Creates a new brain object as a GEKKO model m. Option remote specifies if the problem is solved locally or remotely, bfgs uses only first derivative information with a BFGS update when True and otherwise uses first and second derivatives from automatic differentiation, explicit calculates the layers with Intermediate equations instead of implicit Equations:

from gekko import brain
b = brain.Brain()
b.input_layer(size):

Add an input layer to the artificial neural network. The input layer size is equal to the number of features or predictors that are inputs to the network.:

from gekko import brain
b = brain.Brain()
b.input_layer(1)
b.layer(linear=0,relu=0,tanh=0,gaussian=0,bent=0,leaky=0,ltype='dense'):

Layer types: dense, convolution, pool (mean)

Activation options: none, softmax, relu, tanh, sigmoid, linear:

from gekko import brain
b = brain.Brain()
b.input_layer(1)
b.layer(linear=2)
b.layer(tanh=2)
b.layer(linear=2)

Each layer of the neural network may include one or multiple types of activation nodes. A typical network structure is to use a linear layer for the first internal and last internal layers with other activation functions in between.

b.output_layer(size,ltype='dense',activation='linear'):

Layer types: dense, convolution, pool (mean)

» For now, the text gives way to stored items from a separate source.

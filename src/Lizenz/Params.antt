-- ===== src/Lizenz/Params.antt =====
-- The parameters of the lizenz module (x/lizenz/types/params.go).
use volnix_protocol.Base.{ℕ, ◌*◌, Bool, true, Text, codes, ℤ}
use volnix_protocol.Host.{hours}

pub record Params : Type 0 where
  pub max_activated_per_validator : ℕ
  pub activity_coefficient : Text
  pub deactivation_period : ℤ
  pub inactivity_period : ℤ
  pub min_lzn_amount : Text
  pub max_lzn_amount : Text
  pub require_identity_verification : Bool
  pub lzn_denom : Text

abbrev pub default_params : Params
default_params = record {
  max_activated_per_validator = 10;
  activity_coefficient = codes "1.0";
  deactivation_period = hours 24;
  inactivity_period = hours (7 * 24);
  min_lzn_amount = codes "1000000";
  max_lzn_amount = codes "1000000000";
  require_identity_verification = true;
  lzn_denom = codes "ulzn";
}
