-- ===== src/Lizenz/Types.antt =====
-- The records of x/lizenz (types/types.go, proto/volnix/lizenz/v1/types.proto) and its errors.
use volnix_protocol.Base.{
  ℕ, Bool, true, false, Option, Text, codes, is_empty, text_lt, ℤ, ◌+ℤ◌, if◌then◌else◌, Outcome, ok,
  err, [], ◌∷◌, ltb, ◌+◌,
}
use volnix_protocol.Host.{hours}

pub record ActivatedLizenz : Type 0 where
  pub validator : Text
  pub amount : Text
  pub activation_time : ℤ
  pub last_activity : ℤ
  pub identity_hash : Text
  pub consensus_participation : Text
  pub ant_market_access : Text
  pub performance_rating : Text
  pub is_eligible_for_rewards : Bool
  pub total_rewards_earned : Text
  pub last_reward_block : Text
  pub last_reward_time : Option ℤ

pub record DeactivatingLizenz : Type 0 where
  pub validator : Text
  pub amount : Text
  pub deactivation_start : ℤ
  pub deactivation_end : ℤ
  pub reason : Text
  pub deactivation_impact_score : Text
  pub replacement_validator : Text
  pub emergency_deactivation : Bool

pub record MoaStatus : Type 0 where
  pub validator : Text
  pub is_active : Bool
  pub last_activity : ℤ
  pub current_moa : Text
  pub required_moa : Text
  pub next_check : ℤ
  pub is_compliant : Bool
  pub consensus_contribution : Text
  pub market_participation : Text
  pub overall_score : Text

pub data Error : Type 0 where
  empty_validator empty_amount empty_identity_hash empty_reason : Error
  empty_current_moa empty_required_moa : Error
  lizenz_already_exists lizenz_not_found : Error
  invalid_amount exceeds_max_activated below_min_amount exceeds_max_lzn_activation : Error
  identity_not_verified invalid_role_for_lizenz : Error
  invalid_total invalid_current_moa invalid_required_moa : Error

abbrev pub new_deactivating_lizenz : ℤ → Text → Text → Text → DeactivatingLizenz
new_deactivating_lizenz now validator amount reason = record {
  validator = validator;
  amount = amount;
  deactivation_start = now;
  deactivation_end = now +ℤ hours 24;
  reason = reason;
  deactivation_impact_score = [];
  replacement_validator = [];
  emergency_deactivation = false;
}

unfoldable pub is_activated_lizenz_valid : ActivatedLizenz → Outcome Error (Unit {0})
is_activated_lizenz_valid l =
    if is_empty l.validator
    then err empty_validator
    else if is_empty l.amount
    then err empty_amount
    else if is_empty l.identity_hash
    then err empty_identity_hash
    else ok tt

unfoldable pub is_deactivating_lizenz_valid : DeactivatingLizenz → Outcome Error (Unit {0})
is_deactivating_lizenz_valid l =
    if is_empty l.validator
    then err empty_validator
    else if is_empty l.amount
    then err empty_amount
    else if is_empty l.reason
    then err empty_reason
    else ok tt

unfoldable pub is_moa_status_valid : MoaStatus → Outcome Error (Unit {0})
is_moa_status_valid m =
    if is_empty m.validator
    then err empty_validator
    else if is_empty m.current_moa
    then err empty_current_moa
    else if is_empty m.required_moa
    then err empty_required_moa
    else ok tt

abbrev pub update_activated_lizenz_activity : ℤ → ActivatedLizenz → ActivatedLizenz
update_activated_lizenz_activity now l = record l { last_activity = now }

-- The two values are compared as strings.
abbrev pub update_moa_status_activity : ℤ → Text → MoaStatus → MoaStatus
update_moa_status_activity now current m = record m {
  last_activity = now;
  current_moa = current;
  is_compliant = if text_lt current m.required_moa then false else true;
}

abbrev text_length : Text → ℕ
text_length [] = 0
text_length (c ∷ s) = 1 + text_length s

unfoldable pub calculate_moa : Text → Text
calculate_moa activity_data =
    if ltb 10 (text_length activity_data)
    then codes "85.5"
    else if ltb 5 (text_length activity_data)
    then codes "65.0"
    else codes "45.0"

Activation options: none, softmax, relu, tanh, sigmoid, linear:

from gekko import brain
b = brain.Brain()
b.input_layer(1)
b.layer(linear=2)
b.layer(tanh=2)
b.layer(linear=2)
b.output_layer(1)
b.learn(inputs,outputs,obj=2,gap=0,disp=True):

Make the brain learn by adjusting the network weights to minimize the loss (objective) function. Give inputs as (n)xm, where n = input layer dimensions, m = number of datasets:

from gekko import brain
import numpy as np
b = brain.Brain()
b.input_layer(1)
b.layer(linear=2)
b.layer(tanh=2)
b.layer(linear=2)
b.output_layer(1)
x = np.linspace(0,2*np.pi)
y = np.sin(x)
b.learn(x,y)

Give outputs as (n)xm, where n = output layer dimensions, m = number of datasets. Objective can be 1 (l1 norm) or 2 (l2 norm). If obj=1, gap provides a deadband around output matching.

b.shake(percent):

Neural networks are non-convex. Some stochastic shaking can sometimes help bump the problem to a new region. This function perturbs all weights by +/-percent their values.

b.think(inputs):

Predict output based on inputs. The think method is used after the network is trained. The trained parameter weights are used to calculates the new network outputs based on the input values.:

from gekko import brain
import numpy as np
import matplotlib.pyplot as plt
b = brain.Brain()
b.input_layer(1)
b.layer(linear=2)
b.layer(tanh=2)
b.layer(linear=2)
b.output_layer(1)
x = np.linspace(0,2*np.pi)
y = np.sin(x)
b.learn(x,y)
xp = np.linspace(-2*np.pi,4*np.pi,100)
yp = b.think(xp)
plt.figure()
plt.plot(x,y,'bo')
plt.plot(xp,yp[0],'r-')
plt.show()